Ponad miesiąc temu zaczęłam sumiennie używać duetu kosmetycznego, który dostałam od firmy Bielenda, produkującej kosmetyki naturalne.
Do testów otrzymałam Kojący krem na dzień HIPOALERGICZNY SPF 10 oraz Wzmacniająco – regenerujący krem na noc HIPOALERGICZNY ANTI-AGE. Oba kremy są z linii kosmetycznej Pharm Naczynka, która jest dostosowana do cery wrażliwej.
Oba kremy znajdują się w elastycznych plastikowych tubkach o pojemności 50 ml. Mają zamknięcie typu "klik". Ich konsystencja jest kremowa i bezzapachowa.

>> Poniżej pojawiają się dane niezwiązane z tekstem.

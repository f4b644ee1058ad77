-- ===== src/Fuzzy/Rows.antt =====
-- cmd/seekfs/fuzzy.go: the rows of `damerauLevenshteinBounded` hold the distances of the beginnings.
use Prim.Native.Nat.{min}
use seekfs.Common.{
  ℕ, zero, suc, ◌+◌, ◌-◌, ◌≤◌, ◌<◌, ◌≡◌, refl, sym, ap, subst, ==_iff, ◌∙◌, Bool, Bool-cases, false,
  inl, inr, List, length, get_or, set, length-set, get_or-set, ltb, leb, ◌==◌, if◌then◌else◌, arith,
}
use seekfs.Fuzzy.Distance.{lower, cost, swapped, cell, row_loop, rows_loop}
use seekfs.Fuzzy.Alignment.{unequal, exchanged, osa, edited, Over, Over-later}

-- Up to the bound the distance itself.
abbrev pub capped : ℕ → ℕ → ℕ
capped bound d = if leb d bound then d else bound + 1

lower-min : (d v : ℕ) → lower d v ≡ min d v
lower-min d v = ground arith

lower_last : (m d x : ℕ) → x ≡ d → lower m d ≤ x
lower_last m d x e = ground (arith, e)

lower_before : (m d x : ℕ) → m ≤ x → lower m d ≤ x
lower_before m d x e = ground (arith, e)

lowered :
    (s : Bool) (above left diagonal back : ℕ)
    → (if s
        then lower (lower (lower (above + 1) (left + 1)) diagonal) (back + 1)
        else lower (lower (above + 1) (left + 1)) diagonal)
      ≡ (if s then min (edited above left diagonal) (back + 1) else edited above left diagonal)
lowered s above left diagonal back =
    rw
      (
        lower-min (above + 1) (left + 1),
        lower-min (min (above + 1) (left + 1)) diagonal,
        lower-min (edited above left diagonal) (back + 1),
      )
      refl

module _ (a b : List ℕ) where
  cost-unequal : (i j : ℕ) → cost a b i j ≡ unequal a b i j
  unfolding cost unequal
  cost-unequal i j = refl

  swapped-exchanged : (i j : ℕ) → swapped a b (suc i) (suc j) ≡ exchanged a b i j
  unfolding swapped exchanged
  swapped-exchanged i j =
      let front : suc i - 1 ≡ i = omega arith in
      let back : suc j - 1 ≡ j = omega arith in rw (front, back) (ground arith)

  -- The first `n` places of a row hold the distances of the first `i` items.
  pub record IsRow (i n : ℕ) (row : List ℕ) : Type 0 where
    pub size : length row ≡ suc (length b)
    pub cells : (j : ℕ) → j < n → get_or row j 0 ≡ osa a b i j

  -- The row before the last, where there is one.
  abbrev pub Before : ℕ → List ℕ → Type 0
  Before zero prev2 = length prev2 ≡ suc (length b)
  Before (suc i) prev2 = IsRow i (suc (length b)) prev2

  -- The case where there is a row before the last and a place before the last.
  cell_inside :
      (i j : ℕ) (prev2 prev cur : List ℕ)
      → suc j < length b
      → IsRow i (suc (length b)) prev2
      → IsRow (suc i) (suc (length b)) prev
      → IsRow (suc (suc i)) (suc (suc j)) cur
      → cell a b (suc i) prev2 prev cur (suc j) ≡ osa a b (suc (suc i)) (suc (suc j))
  unfolding cell osa
  cell_inside i j prev2 prev cur h p2 p c =
      let above = p.cells (suc (suc j)) (omega (arith, h)) in
      let diagonal = p.cells (suc j) (omega (arith, h)) in
      let left = c.cells (suc j) (omega arith) in
      let place : suc j - 1 ≡ j = omega arith in
      let back = p2.cells j (omega (arith, h)) in
      rw (above, diagonal, left, place, back, cost-unequal (suc i) (suc j), swapped-exchanged i j)
        (lowered (exchanged a b i j) (osa a b (suc i) (suc (suc j))) (osa a b (suc (suc i)) (suc j))
          (osa a b (suc i) (suc j) + unequal a b (suc i) (suc j)) (osa a b i j))

  cell-osa :
      (i j : ℕ) (prev2 prev cur : List ℕ)
      → j < length b
      → Before i prev2
      → IsRow i (suc (length b)) prev
      → IsRow (suc i) (suc j) cur
      → cell a b i prev2 prev cur j ≡ osa a b (suc i) (suc j)
  unfolding cell osa swapped
  cell-osa zero j prev2 prev cur h p2 p c =
      let above = p.cells (suc j) (omega (arith, h)) in
      let diagonal = p.cells j (omega (arith, h)) in
      let left = c.cells j (omega arith) in
      rw (above, diagonal, left, cost-unequal 0 j) (ground arith)
  cell-osa (suc i) zero prev2 prev cur h p2 p c =
      let above = p.cells 1 (omega (arith, h)) in
      let diagonal = p.cells 0 (omega (arith, h)) in
      let left = c.cells 0 (omega arith) in
      rw (above, diagonal, left, cost-unequal (suc i) 0) (ground arith)
  cell-osa (suc i) (suc j) prev2 prev cur h p2 p c = cell_inside i j prev2 prev cur h p2 p c

  IsRow-set :
      (i n : ℕ) (row : List ℕ) (d : ℕ)
      → IsRow i n row
      → n < suc (length b)
      → d ≡ osa a b i n
      → IsRow i (suc n) (set row n d)
  IsRow-set i n row d r h e = record {
    size = length-set row n d ∙ r.size;
    cells = λ j l.
        let old = r.cells in
        let size = r.size in
        elim (Bool-cases (j == n)) [
          | inl y ↦
              let at : j ≡ n = (==_iff j n).0 y in
              let there : get_or (set row n d) n 0 ≡ d =
                ground (arith, get_or-set row n d n 0, size, h) in
              ap (λ z. get_or (set row n d) z 0) at ∙ there ∙ e ∙ sym (ap (osa a b i) at)
          | inr o ↦ ground (arith, get_or-set row n d j 0, r.cells j (ground (arith, l, o)), o)
        ];
  }

  -- The row and its least value.
  record Filled (i : ℕ) (row : List ℕ × ℕ) : Type 0 where
    cells : IsRow i (suc (length b)) row.0
    least : (j : ℕ) → j ≤ length b → row.1 ≤ osa a b i j

  row_loop-Filled :
      (rounds i : ℕ) (prev2 prev : List ℕ) (j : ℕ) (cur : List ℕ) (row_min : ℕ)
      → rounds + j ≡ length b
      → Before i prev2
      → IsRow i (suc (length b)) prev
      → IsRow (suc i) (suc j) cur
      → ((k : ℕ) → k ≤ j → row_min ≤ osa a b (suc i) k)
      → Filled (suc i) (row_loop a b rounds i prev2 prev j cur row_min)
  unfolding row_loop
  row_loop-Filled zero i prev2 prev j cur row_min e p2 p c m =
      let end : j ≡ length b = omega (arith, e) in
      record {
        cells = subst (λ n. IsRow (suc i) (suc n) cur) end c;
        least = λ k h. m k (omega (arith, h, end));
      }
  row_loop-Filled (suc rounds) i prev2 prev j cur row_min e p2 p c m =
      let inside : j < length b = omega (arith, e) in
      let d = cell a b i prev2 prev cur j in
      let value = cell-osa i j prev2 prev cur inside p2 p c in
      row_loop-Filled rounds i prev2 prev (suc j) (set cur (suc j) d) (lower row_min d)
        (omega (arith, e)) p2 p (IsRow-set (suc i) (suc j) cur d c (omega (arith, inside)) value)
        (λ k h. elim (Bool-cases (k == suc j)) [
          | inl y ↦
              let at : osa a b (suc i) k ≡ d =
                ap (osa a b (suc i)) ((==_iff k (suc j)).0 y) ∙ sym value in
              lower_last row_min d (osa a b (suc i) k) at
          | inr o ↦
              let old = m k (ground (arith, h, o)) in lower_before row_min d (osa a b (suc i) k) old
        ])

  first_cell :
      (i : ℕ) (cur : List ℕ) → length cur ≡ suc (length b) → IsRow (suc i) 1 (set cur 0 (suc i))
  unfolding osa
  first_cell i cur c = record {
    size = length-set cur 0 (suc i) ∙ c;
    cells = λ j h.
        let at : j ≡ 0 = omega (arith, h) in
        let there : get_or (set cur 0 (suc i)) 0 0 ≡ suc i =
          ground (arith, get_or-set cur 0 (suc i) 0 0, c) in
        ap (λ z. get_or (set cur 0 (suc i)) z 0) at ∙ there ∙ sym (ap (osa a b (suc i)) at);
  }

  start_least : (i k : ℕ) → k ≤ 0 → suc i ≤ osa a b (suc i) k
  unfolding osa
  start_least i zero h = omega arith
  start_least i (suc k) h = absurd (omega (arith, h))

  Before-size : (i : ℕ) (prev2 : List ℕ) → Before i prev2 → length prev2 ≡ suc (length b)
  Before-size zero prev2 h = h
  Before-size (suc i) prev2 h = h.size

  pub rows_loop-osa :
      (bound rounds i : ℕ) (prev2 prev cur : List ℕ)
      → rounds + i ≡ length a
      → Before i prev2
      → IsRow i (suc (length b)) prev
      → length cur ≡ suc (length b)
      → rows_loop a b bound rounds i prev2 prev cur ≡ capped bound (osa a b (length a) (length b))
  unfolding rows_loop Over
  rows_loop-osa bound zero i prev2 prev cur e p2 p c =
      let end : i ≡ length a = omega (arith, e) in
      let value = p.cells (length b) (omega arith) ∙ ap (λ z. osa a b z (length b)) end in
      rw value (ground arith)
  rows_loop-osa bound (suc rounds) i prev2 prev cur e p2 p c =
      let start = set cur 0 (suc i) in
      let row = row_loop a b (length b) i prev2 prev 0 start (suc i) in
      let filled =
        row_loop-Filled (length b) i prev2 prev 0 start (suc i) (omega arith) p2 p
          (first_cell i cur c) (start_least i) in
      elim (Bool-cases (ltb bound row.1)) [
        | inl y ↦
            let over =
              Over-later a b bound (suc i) rounds (λ j h. ground (arith, filled.least j h, y)) in
            let end : rounds + suc i ≡ length a = omega (arith, e) in
            let past : bound < osa a b (length a) (length b) =
              subst (λ z. bound < osa a b z (length b)) end (over (length b) (omega arith)) in
            let cut : leb (osa a b (length a) (length b)) bound ≡ false = ground (arith, past) in
            rw (rows_loop, y, cut) refl
        | inr n ↦
            rw (rows_loop, n)
              (rows_loop-osa bound rounds (suc i) prev row.0 prev2 (omega (arith, e)) p filled.cells
                (Before-size i prev2 p2))
      ]
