-- ===== src/Fuzzy/Window.antt =====
-- cmd/seekfs/fuzzy.go: `fuzzyNameDistance`, the best window of a name.
use seekfs.Common.{
  ℕ, zero, suc, ◌+◌, ◌-◌, Bool, true, false, ◌&&◌, List, length, take, drop, ltb, ◌==◌,
  if◌then◌else◌,
}
use seekfs.Fuzzy.Distance.{damerau_levenshtein_bounded}

pub record Best : Type 0 where
  pub distance : ℕ
  pub prefix : Bool
  pub start : ℕ

-- `nameRunes[start:start+width]`
abbrev pub window : List ℕ → ℕ → ℕ → List ℕ
window name start width = take width (drop start name)

-- One window with the distance `d`.
unfoldable pub consider : Best → ℕ → ℕ → Best
consider best start d =
    let at_prefix = start == 0 in
    let closer = ltb d best.distance in
    if closer
    then record { distance = d; prefix = at_prefix; start = start }
    else if (d == best.distance) && ltb start best.start
    then record best { start = start }
    else if (d == best.distance) && at_prefix
    then record best { prefix = true }
    else best

module _ (name term : List ℕ) (tau : ℕ) where
  -- `for width <= maxWidth`, for the widths that are left, up to a distance of 0.
  unfoldable pub width_loop : ℕ → ℕ → ℕ → Best → Best
  width_loop zero start width best = best
  width_loop (suc rounds) start width best =
      let next =
        consider best start (damerau_levenshtein_bounded (window name start width) term tau) in
      elim (next.distance == 0) [ true ↦ next | false ↦ width_loop rounds start (suc width) next ]

  abbrev pub min_width : ℕ
  min_width = if ltb (length term - tau) 1 then 1 else length term - tau

  abbrev pub max_width : ℕ → ℕ
  max_width start =
      if ltb (length name - start) (length term + tau)
      then length name - start
      else length term + tau

  unfoldable pub start_loop : ℕ → ℕ → Best → Best
  start_loop zero start best = best
  start_loop (suc rounds) start best =
      let next = width_loop (suc (max_width start) - min_width) start min_width best in
      elim (next.distance == 0) [ true ↦ next | false ↦ start_loop rounds (suc start) next ]

  -- The number of starts, `0` to `end`: none where `end` is negative.
  abbrev pub starts : ℕ
  starts =
      if ltb (length name + tau) (length term)
      then 0
      else if ltb (length name) (length name + tau - length term)
      then suc (length name)
      else suc (length name + tau - length term)

  -- The distance, whether it is a prefix's, where the window starts, and whether there is one.
  unfoldable pub fuzzy_name_distance : ℕ × Bool × ℕ × Bool
  fuzzy_name_distance =
      let best =
        start_loop starts 0 (record { distance = suc tau; prefix = false; start = length name }) in
      if length name == 0
      then (suc tau, false, 0, false)
      else if ltb tau best.distance
      then (best.distance, false, best.start, false)
      else (best.distance, best.prefix, best.start, true)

Kojący krem na dzień ma zielono-brunatną barwę, a wzmacniająco-regenerujący krem na noc posiada barwę białą.
Kojący krem na dzień SPF 10 HIPOALERGICZNY BEZZAPACHOWY
• skutecznie maskuje „pajączki” i zaczerwienienia w ciągu całego dnia
• wzmacnia i uszczelnia kruche naczynka i zapobiega ich pękaniu
• widocznie redukuje rumień, koi, łagodzi podrażnienia, nawilża
• chroni przed szkodliwym promieniowaniem UV
• zmniejsza wrażliwość skóry na agresywne czynniki zewnętrzne.
Preparat bezpieczny dla skóry wrażliwej. 0% składników mogących wywołać podrażnienie.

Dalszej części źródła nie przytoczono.